Our problem is we pay lip service to the gospel but fail to believe it. We think two illusions: first, that the gospel is our ticket into heaven but nothing more. No, the gospel is our oxygen, our fuel for all of life. Second, we think the gospel is elementary, and once we “get it,” we move on to more advanced things. No, the gospel is both simple and complex, as St. Gregory said, “... like a river, if I may say so, which is wide and deep, in which a lamb may walk and an elephant swim.”

All we need do to see our loss of the gospel is ask ourselves, Where do we turn when the crisis hits? Do we turn to Jesus and the gospel? Do we call out to Jesus in prayer? Do we fast? Or do we turn to politics? To finance? To Dr. Phil?

When the gospel changed a nation

England in the 19th century faced enormous social change as it transitioned from an agrarian to an industrial society. This brought great wealth to the factory owners, but also great misery and poverty to the masses. Think Charles Dickens. Decade after decade the tensions mounted. Many predicted England would go the way of France and descend into a bloody revolution. It didn’t. Instead, a series of reform acts in 1832, 1867 and 1884 left the working class fully enfranchised and the nation in peace.

How did this happen? Elie Halevy, a distinguished French historian, discovered it was due to the preaching of the gospel across the country by George Whitefield and John Wesley. As these two pastors proclaimed the gospel, God supernaturally moved in human hearts. “We shall explain by this movement the extraordinary stability which English society was destined to enjoy throughout the period of revolution and crisis” (England in 1815: A History of the English People in the Nineteenth Century).

The preaching of the gospel changed a nation!

If we’re to face this extraordinary American challenge as Christ-followers, we need to humble ourselves and come back to the gospel. It’s faith in Jesus Christ pure and simple. Not our flag. Not our political candidate. Not our dollar. Not our military. Not our denomination.
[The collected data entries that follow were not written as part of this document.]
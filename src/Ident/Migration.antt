-- ===== src/Ident/Migration.antt =====
-- x/ident/keeper: role migrations against the limit of identities.
use volnix_protocol.Base.{
  ◌≤◌, ◌≡◌, inl, inr, refl, sym, ap, subst, Bool, true, some, [], ◌∷◌, Text, text_eq, ℤ, err, arith,
  Outcome-cases, Option-cases, Bool-cases,
}
use volnix_protocol.KvStore.{KvStore, text_key}
use volnix_protocol.KvStore
use volnix_protocol.Lizenz.Neighbours.{Role}
use volnix_protocol.Ident.Types.{
  VerifiedAccount, RoleMigration, Error, is_citizen, is_validator_role, limit_exceeded,
  invalid_role,
}
use volnix_protocol.Ident.Keeper.{
  State, count_role, check_limit, check_account_limits, limits_for_new, set_verified_account,
  execute_role_migration, get_verified_account, get_role_migration, free_hash, drop_hash,
  target_account, get_all_verified_accounts, set_role_migration,
}
use volnix_protocol.Ident.Messages.{MsgMigrateRole, migrate_role, requested_migration}
use volnix_protocol.Anteil.Types.{◌⁀◌}

-- An account that is found counts for its role.
count_role-found :
    (has_role : Role → Bool) (address : Text) (a : VerifiedAccount)
    (m : KvStore Text VerifiedAccount)
    → KvStore.get address m ≡ some a
    → has_role a.role ≡ true
    → 1 ≤ count_role has_role (KvStore.values m)
unfolding count_role KvStore.values KvStore.get
count_role-found has_role address a [] found counts = absurd (ground arith)
count_role-found has_role address a ((k, w) ∷ m) found counts =
    elim (Bool-cases (text_eq k address)) [
      | inl hit ↦ ground arith
      | inr miss ↦ ground (arith, count_role-found has_role address a m)
    ]

module _ (W : Type 0) where
  limit_reached :
      (has_role : Role → Bool) (address : Text) (a : VerifiedAccount) (s : State W)
      → s.params.max_identities_per_address ≤ 1
      → KvStore.get address s.accounts ≡ some a
      → has_role a.role ≡ true
      → check_limit W has_role s ≡ err limit_exceeded
  unfolding check_limit get_all_verified_accounts
  limit_reached has_role address a s one found counts =
      ground (arith, count_role-found has_role address a s.accounts found counts)

  role_refused :
      (address : Text) (a : VerifiedAccount) (s : State W)
      → s.params.max_identities_per_address ≤ 1
      → KvStore.get address s.accounts ≡ some a
      → (role : Role) → a.role ≡ role
      → (x : Error) × (check_account_limits W role s ≡ err x)
  unfolding check_account_limits
  role_refused address a s one found Role.citizen is =
      (limit_exceeded, limit_reached is_citizen address a s one found (ap is_citizen is))
  role_refused address a s one found Role.validator_role is = (
    limit_exceeded,
    limit_reached is_validator_role address a s one found (ap is_validator_role is),
  )
  role_refused address a s one found Role.guest is = (invalid_role, refl)
  role_refused address a s one found Role.unspecified is = (invalid_role, refl)

  -- A second account of the role of a stored one is refused.
  limits_for_new_refused :
      (address : Text) (a : VerifiedAccount) (s : State W)
      → s.params.max_identities_per_address ≤ 1
      → KvStore.get address s.accounts ≡ some a
      → (x : Error) × (limits_for_new W a.role s ≡ err x)
  unfolding limits_for_new
  limits_for_new_refused address a s one found =
      let (x, refused) = role_refused address a s one found a.role refl in
      (x, ground (arith, refused))

  set_verified_account_refused :
      (b : VerifiedAccount) (address : Text) (a : VerifiedAccount) (s : State W)
      → s.params.max_identities_per_address ≤ 1
      → KvStore.get address s.accounts ≡ some a
      → b.role ≡ a.role
      → (x : Error) × ((set_verified_account W b s).0 ≡ err x)
  unfolding set_verified_account
  set_verified_account_refused b address a s one found same =
      let (y, refused) = limits_for_new_refused address a s one found in
      elim (Outcome-cases (set_verified_account W b s).0) [
        | inr bad ↦ bad
        | inl (u, fine) ↦
            absurd (ground (arith, refused, ap (λ (r : Role). limits_for_new W r s) same))
      ]

  freed :
      (m : RoleMigration) (a : VerifiedAccount) (s : State W)
      → ((free_hash W m a s).accounts ≡ s.accounts) × ((free_hash W m a s).params ≡ s.params)
  unfolding free_hash drop_hash
  freed m a s = (ground arith, ground arith)

  pub execute_role_migration_refused :
      (now : ℤ) (from to : Text) (s : State W)
      → s.params.max_identities_per_address ≤ 1
      → (x : Error) × ((execute_role_migration W now from to s).0 ≡ err x)
  unfolding execute_role_migration get_role_migration get_verified_account
  execute_role_migration_refused now from to s one =
      elim (Outcome-cases (execute_role_migration W now from to s).0) [
        | inr bad ↦ bad
        | inl (u, fine) ↦ elim (Option-cases (KvStore.get (from ⁀ to) s.migrations)) [
          | inl missing ↦ absurd (ground arith)
          | inr (m, there) ↦ elim (Option-cases (KvStore.get from s.accounts)) [
            | inl missing ↦ absurd (ground arith)
            | inr (a, found) ↦
                let (accounts, params) = freed m a s in
                let (x, refused) =
                  set_verified_account_refused (target_account W now to m a) from a
                    (free_hash W m a s)
                    (subst (λ p. p.max_identities_per_address ≤ 1) (sym params) one)
                    (subst (λ k. KvStore.get from k ≡ some a) (sym accounts) found) refl in
                absurd (ground (arith, refused))
          ]
        ]
      ]

  -- While at most one identity is allowed, which is the default, MigrateRole is refused whatever
  -- its addresses and the stores: the source account itself fills the limit of its role.
  pub migrate_role_refused :
      (now : ℤ) (req : MsgMigrateRole) (s : State W)
      → s.params.max_identities_per_address ≤ 1
      → (x : Error) × ((migrate_role W now req s).0 ≡ err x)
  unfolding migrate_role get_verified_account set_role_migration
  migrate_role_refused now req s one = elim (Outcome-cases (migrate_role W now req s).0) [
    | inr bad ↦ bad
    | inl (u, fine) ↦ elim (Option-cases (KvStore.get req.from_address s.accounts)) [
      | inl missing ↦ absurd (ground arith)
      | inr (a, found) ↦ absurd (
          ground (
            arith,
            execute_role_migration_refused now req.from_address req.to_address
                (set_role_migration W (requested_migration req a) s) one,
          ))
    ]
  ]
Not our race or ethnicity.

It’s Jesus Christ and his gospel. Period.

Then, and only then, will the Spirit of God unleash himself across our hearts, our marriages, our families, our communities, our nation. And we will experience a genuine revival of the soul.

I am not ashamed of the gospel, because it is the power of God for the salvation of everyone who believes: first for the Jew, then for the Gentile. For in the gospel a righteousness from God is revealed, a righteousness that is by faith from first to last, just as it is written: ‘The righteous will live by faith’” (Romans 1:16-17, NIV).